● Your instructions
Transcribe word for word the lines below from the line with "run = λ a v ahead. rw" through the line with "(r : Response) (b : ℕ)", ends included.

(Saved data entries)
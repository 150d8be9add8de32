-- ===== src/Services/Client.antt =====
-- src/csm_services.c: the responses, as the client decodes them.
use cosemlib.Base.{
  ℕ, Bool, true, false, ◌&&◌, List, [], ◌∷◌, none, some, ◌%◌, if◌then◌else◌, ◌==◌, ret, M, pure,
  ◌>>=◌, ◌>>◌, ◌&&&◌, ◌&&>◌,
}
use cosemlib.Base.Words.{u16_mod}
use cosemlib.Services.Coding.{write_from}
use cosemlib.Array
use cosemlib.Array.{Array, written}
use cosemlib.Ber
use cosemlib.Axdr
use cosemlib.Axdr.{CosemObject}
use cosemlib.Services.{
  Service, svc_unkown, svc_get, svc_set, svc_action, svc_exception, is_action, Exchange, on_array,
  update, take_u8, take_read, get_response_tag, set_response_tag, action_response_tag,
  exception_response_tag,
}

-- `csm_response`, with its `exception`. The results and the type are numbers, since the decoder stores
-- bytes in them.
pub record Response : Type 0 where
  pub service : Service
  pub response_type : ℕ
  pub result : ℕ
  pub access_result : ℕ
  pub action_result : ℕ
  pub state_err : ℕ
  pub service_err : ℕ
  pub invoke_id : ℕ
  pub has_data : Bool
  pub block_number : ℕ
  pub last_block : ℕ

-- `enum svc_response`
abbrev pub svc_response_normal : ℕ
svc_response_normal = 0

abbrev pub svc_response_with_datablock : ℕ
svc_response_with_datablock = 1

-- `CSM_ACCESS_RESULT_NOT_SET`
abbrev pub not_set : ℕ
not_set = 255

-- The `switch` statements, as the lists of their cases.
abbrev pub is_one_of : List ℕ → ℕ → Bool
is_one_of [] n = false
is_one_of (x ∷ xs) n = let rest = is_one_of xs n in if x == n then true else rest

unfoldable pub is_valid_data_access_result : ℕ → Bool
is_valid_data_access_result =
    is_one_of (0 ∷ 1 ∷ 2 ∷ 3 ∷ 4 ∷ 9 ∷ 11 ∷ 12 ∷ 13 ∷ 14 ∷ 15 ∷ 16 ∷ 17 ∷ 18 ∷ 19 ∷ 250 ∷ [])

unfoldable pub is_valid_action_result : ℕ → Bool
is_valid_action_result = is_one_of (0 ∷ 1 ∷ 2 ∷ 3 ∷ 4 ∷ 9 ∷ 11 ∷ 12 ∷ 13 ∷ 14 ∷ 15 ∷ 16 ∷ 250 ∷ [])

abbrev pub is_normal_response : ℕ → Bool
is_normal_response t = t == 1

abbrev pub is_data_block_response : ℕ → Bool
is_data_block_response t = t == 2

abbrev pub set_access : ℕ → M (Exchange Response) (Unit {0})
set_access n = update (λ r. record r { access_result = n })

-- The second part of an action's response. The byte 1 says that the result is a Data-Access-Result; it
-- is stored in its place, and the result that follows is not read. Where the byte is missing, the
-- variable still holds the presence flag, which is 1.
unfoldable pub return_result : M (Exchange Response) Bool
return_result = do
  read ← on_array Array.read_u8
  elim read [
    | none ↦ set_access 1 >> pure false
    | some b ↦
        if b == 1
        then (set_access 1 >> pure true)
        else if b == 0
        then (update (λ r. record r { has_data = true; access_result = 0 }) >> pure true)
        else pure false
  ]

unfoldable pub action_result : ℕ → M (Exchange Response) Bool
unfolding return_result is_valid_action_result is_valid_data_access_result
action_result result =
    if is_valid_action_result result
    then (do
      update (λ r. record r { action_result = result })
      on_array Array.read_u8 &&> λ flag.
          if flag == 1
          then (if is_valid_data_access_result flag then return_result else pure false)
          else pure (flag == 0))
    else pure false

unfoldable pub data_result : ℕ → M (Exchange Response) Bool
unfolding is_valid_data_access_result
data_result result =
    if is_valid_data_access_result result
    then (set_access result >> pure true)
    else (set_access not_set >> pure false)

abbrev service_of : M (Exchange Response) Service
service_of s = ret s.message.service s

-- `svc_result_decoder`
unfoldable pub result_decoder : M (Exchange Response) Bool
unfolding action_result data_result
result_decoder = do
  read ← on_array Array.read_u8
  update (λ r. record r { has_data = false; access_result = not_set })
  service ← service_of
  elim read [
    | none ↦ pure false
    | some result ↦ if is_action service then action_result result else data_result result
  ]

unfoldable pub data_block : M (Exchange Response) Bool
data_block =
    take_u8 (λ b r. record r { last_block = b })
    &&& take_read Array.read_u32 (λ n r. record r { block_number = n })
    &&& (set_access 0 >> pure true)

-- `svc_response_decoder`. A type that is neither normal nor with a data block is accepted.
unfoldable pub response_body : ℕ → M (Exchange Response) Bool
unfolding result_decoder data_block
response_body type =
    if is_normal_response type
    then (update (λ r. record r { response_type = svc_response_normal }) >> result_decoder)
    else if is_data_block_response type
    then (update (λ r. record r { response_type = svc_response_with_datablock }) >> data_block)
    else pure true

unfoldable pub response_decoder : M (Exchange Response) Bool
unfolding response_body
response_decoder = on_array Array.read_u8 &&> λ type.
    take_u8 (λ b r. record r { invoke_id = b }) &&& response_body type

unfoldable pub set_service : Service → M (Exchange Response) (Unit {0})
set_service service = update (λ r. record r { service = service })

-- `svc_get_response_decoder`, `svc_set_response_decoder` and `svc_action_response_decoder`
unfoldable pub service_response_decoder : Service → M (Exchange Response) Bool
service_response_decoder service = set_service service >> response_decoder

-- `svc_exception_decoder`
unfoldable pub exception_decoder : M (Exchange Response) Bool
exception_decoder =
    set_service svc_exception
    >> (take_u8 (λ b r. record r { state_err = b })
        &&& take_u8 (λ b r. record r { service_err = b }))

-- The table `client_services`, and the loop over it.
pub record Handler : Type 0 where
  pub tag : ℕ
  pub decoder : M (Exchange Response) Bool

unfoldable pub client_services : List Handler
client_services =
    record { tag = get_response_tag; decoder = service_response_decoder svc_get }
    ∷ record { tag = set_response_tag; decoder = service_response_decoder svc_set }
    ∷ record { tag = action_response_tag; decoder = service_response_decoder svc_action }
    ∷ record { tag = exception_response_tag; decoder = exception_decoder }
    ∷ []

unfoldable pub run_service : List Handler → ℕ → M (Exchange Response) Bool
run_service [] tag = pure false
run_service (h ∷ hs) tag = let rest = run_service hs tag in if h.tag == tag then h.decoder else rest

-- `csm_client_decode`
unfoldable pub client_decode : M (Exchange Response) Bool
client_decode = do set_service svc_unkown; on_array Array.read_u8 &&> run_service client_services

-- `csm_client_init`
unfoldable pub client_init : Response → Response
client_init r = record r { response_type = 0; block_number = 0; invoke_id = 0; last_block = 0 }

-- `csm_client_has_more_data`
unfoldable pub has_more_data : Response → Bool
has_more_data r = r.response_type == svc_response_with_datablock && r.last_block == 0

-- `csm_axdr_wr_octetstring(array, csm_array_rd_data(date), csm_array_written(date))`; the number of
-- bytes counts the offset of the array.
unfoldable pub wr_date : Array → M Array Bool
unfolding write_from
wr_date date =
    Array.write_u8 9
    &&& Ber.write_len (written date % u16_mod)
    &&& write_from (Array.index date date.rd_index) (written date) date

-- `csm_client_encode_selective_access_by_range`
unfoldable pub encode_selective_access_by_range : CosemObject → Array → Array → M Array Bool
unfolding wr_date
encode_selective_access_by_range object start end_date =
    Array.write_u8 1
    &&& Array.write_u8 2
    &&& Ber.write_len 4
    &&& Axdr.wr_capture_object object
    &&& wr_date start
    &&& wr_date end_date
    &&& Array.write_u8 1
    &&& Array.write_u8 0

...

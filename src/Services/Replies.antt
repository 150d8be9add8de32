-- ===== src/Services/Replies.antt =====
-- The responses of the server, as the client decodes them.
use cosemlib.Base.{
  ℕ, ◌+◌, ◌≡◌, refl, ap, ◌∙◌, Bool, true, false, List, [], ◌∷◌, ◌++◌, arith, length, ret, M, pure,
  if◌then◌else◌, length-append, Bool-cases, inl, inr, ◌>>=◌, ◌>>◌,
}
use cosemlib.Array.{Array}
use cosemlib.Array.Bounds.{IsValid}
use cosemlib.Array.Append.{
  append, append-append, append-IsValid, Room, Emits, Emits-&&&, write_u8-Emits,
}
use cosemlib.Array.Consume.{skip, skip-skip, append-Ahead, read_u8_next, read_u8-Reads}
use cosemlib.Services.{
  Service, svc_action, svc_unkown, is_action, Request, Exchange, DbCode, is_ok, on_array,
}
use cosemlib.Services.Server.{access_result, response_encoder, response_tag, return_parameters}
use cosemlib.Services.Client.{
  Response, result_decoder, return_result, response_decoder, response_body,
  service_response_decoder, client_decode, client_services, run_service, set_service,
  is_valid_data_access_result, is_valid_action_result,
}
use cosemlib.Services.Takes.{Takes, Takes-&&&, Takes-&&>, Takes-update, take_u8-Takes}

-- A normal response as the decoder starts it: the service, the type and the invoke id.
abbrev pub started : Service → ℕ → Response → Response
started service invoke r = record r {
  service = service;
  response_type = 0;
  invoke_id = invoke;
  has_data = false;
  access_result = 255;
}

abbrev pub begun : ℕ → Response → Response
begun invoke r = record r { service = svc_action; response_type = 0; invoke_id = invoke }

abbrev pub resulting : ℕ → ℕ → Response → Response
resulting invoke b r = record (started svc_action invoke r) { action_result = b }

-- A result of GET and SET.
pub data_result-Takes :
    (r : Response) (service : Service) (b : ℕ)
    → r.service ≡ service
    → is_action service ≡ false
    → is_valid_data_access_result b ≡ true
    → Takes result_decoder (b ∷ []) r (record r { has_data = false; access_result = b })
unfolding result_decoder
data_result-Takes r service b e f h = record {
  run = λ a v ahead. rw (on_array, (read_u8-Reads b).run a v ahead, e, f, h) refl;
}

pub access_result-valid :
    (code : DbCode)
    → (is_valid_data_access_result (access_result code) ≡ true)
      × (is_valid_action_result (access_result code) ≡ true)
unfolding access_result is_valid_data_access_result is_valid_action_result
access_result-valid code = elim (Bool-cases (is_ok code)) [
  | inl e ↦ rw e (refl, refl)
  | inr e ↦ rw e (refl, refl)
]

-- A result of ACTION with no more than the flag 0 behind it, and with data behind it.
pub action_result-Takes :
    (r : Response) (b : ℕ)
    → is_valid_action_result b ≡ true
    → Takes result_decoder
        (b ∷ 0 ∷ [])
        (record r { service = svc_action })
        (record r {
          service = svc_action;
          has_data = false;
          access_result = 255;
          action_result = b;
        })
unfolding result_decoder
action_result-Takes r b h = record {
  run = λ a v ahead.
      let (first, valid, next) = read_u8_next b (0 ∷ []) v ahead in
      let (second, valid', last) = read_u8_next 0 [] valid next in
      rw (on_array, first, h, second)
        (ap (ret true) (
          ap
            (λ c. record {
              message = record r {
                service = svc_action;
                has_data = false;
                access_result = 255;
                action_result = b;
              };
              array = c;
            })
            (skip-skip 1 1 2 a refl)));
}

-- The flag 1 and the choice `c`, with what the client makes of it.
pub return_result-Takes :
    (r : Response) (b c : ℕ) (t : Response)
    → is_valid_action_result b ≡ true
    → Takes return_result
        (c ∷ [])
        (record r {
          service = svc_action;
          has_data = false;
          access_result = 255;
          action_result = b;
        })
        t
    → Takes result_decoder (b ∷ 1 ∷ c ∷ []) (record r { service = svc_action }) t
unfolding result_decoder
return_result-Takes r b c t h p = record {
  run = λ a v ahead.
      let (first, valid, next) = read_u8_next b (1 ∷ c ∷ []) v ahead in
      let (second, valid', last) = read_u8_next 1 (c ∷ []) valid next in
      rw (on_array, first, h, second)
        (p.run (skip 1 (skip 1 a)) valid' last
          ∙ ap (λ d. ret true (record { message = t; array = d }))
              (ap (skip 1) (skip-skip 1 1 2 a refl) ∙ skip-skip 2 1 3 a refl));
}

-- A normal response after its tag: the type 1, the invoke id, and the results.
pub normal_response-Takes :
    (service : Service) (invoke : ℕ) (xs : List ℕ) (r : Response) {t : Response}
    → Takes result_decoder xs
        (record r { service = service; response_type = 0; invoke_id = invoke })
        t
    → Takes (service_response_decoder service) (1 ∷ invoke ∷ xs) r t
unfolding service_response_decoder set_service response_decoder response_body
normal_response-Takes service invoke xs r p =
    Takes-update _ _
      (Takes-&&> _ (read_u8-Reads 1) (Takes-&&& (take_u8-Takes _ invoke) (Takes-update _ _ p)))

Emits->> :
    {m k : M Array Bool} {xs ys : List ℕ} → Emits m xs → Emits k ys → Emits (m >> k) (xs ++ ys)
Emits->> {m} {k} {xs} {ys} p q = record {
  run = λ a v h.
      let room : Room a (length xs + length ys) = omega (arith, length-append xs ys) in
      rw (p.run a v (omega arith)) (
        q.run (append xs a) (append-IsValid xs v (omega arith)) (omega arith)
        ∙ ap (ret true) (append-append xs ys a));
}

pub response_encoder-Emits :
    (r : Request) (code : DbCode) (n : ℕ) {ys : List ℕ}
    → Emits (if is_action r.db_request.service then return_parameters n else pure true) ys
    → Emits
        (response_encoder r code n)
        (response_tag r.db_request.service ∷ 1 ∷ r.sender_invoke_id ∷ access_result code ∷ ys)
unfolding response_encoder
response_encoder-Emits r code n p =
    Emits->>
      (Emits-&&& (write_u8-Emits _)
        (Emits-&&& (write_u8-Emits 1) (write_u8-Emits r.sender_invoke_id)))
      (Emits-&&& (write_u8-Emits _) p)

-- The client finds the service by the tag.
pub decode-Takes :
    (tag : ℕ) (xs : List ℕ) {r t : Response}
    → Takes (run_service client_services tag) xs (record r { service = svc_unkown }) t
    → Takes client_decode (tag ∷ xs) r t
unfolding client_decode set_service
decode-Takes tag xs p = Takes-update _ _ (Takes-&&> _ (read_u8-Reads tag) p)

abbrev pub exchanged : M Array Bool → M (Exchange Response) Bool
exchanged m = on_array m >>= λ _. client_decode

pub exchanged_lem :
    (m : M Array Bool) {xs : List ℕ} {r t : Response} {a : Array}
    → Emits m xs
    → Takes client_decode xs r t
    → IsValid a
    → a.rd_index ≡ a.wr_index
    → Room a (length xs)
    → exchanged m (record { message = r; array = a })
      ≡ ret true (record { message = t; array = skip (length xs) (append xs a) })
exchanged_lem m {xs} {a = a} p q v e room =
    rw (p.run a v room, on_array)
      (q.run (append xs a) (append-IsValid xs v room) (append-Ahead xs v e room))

● Output of the exercise
  run = λ a v ahead. rw (on_array, (read_u8-Reads b).run a v ahead, e, f, h) refl;
}

pub access_result-valid :
    (code : DbCode)
    → (is_valid_data_access_result (access_result code) ≡ true)
      × (is_valid_action_result (access_result code) ≡ true)
unfolding access_result is_valid_data_access_result is_valid_action_result
access_result-valid code = elim (Bool-cases (is_ok code)) [
  | inl e ↦ rw e (refl, refl)
  | inr e ↦ rw e (refl, refl)
]

-- A result of ACTION with no more than the flag 0 behind it, and with data behind it.
pub action_result-Takes :
    (r : Response) (b : ℕ)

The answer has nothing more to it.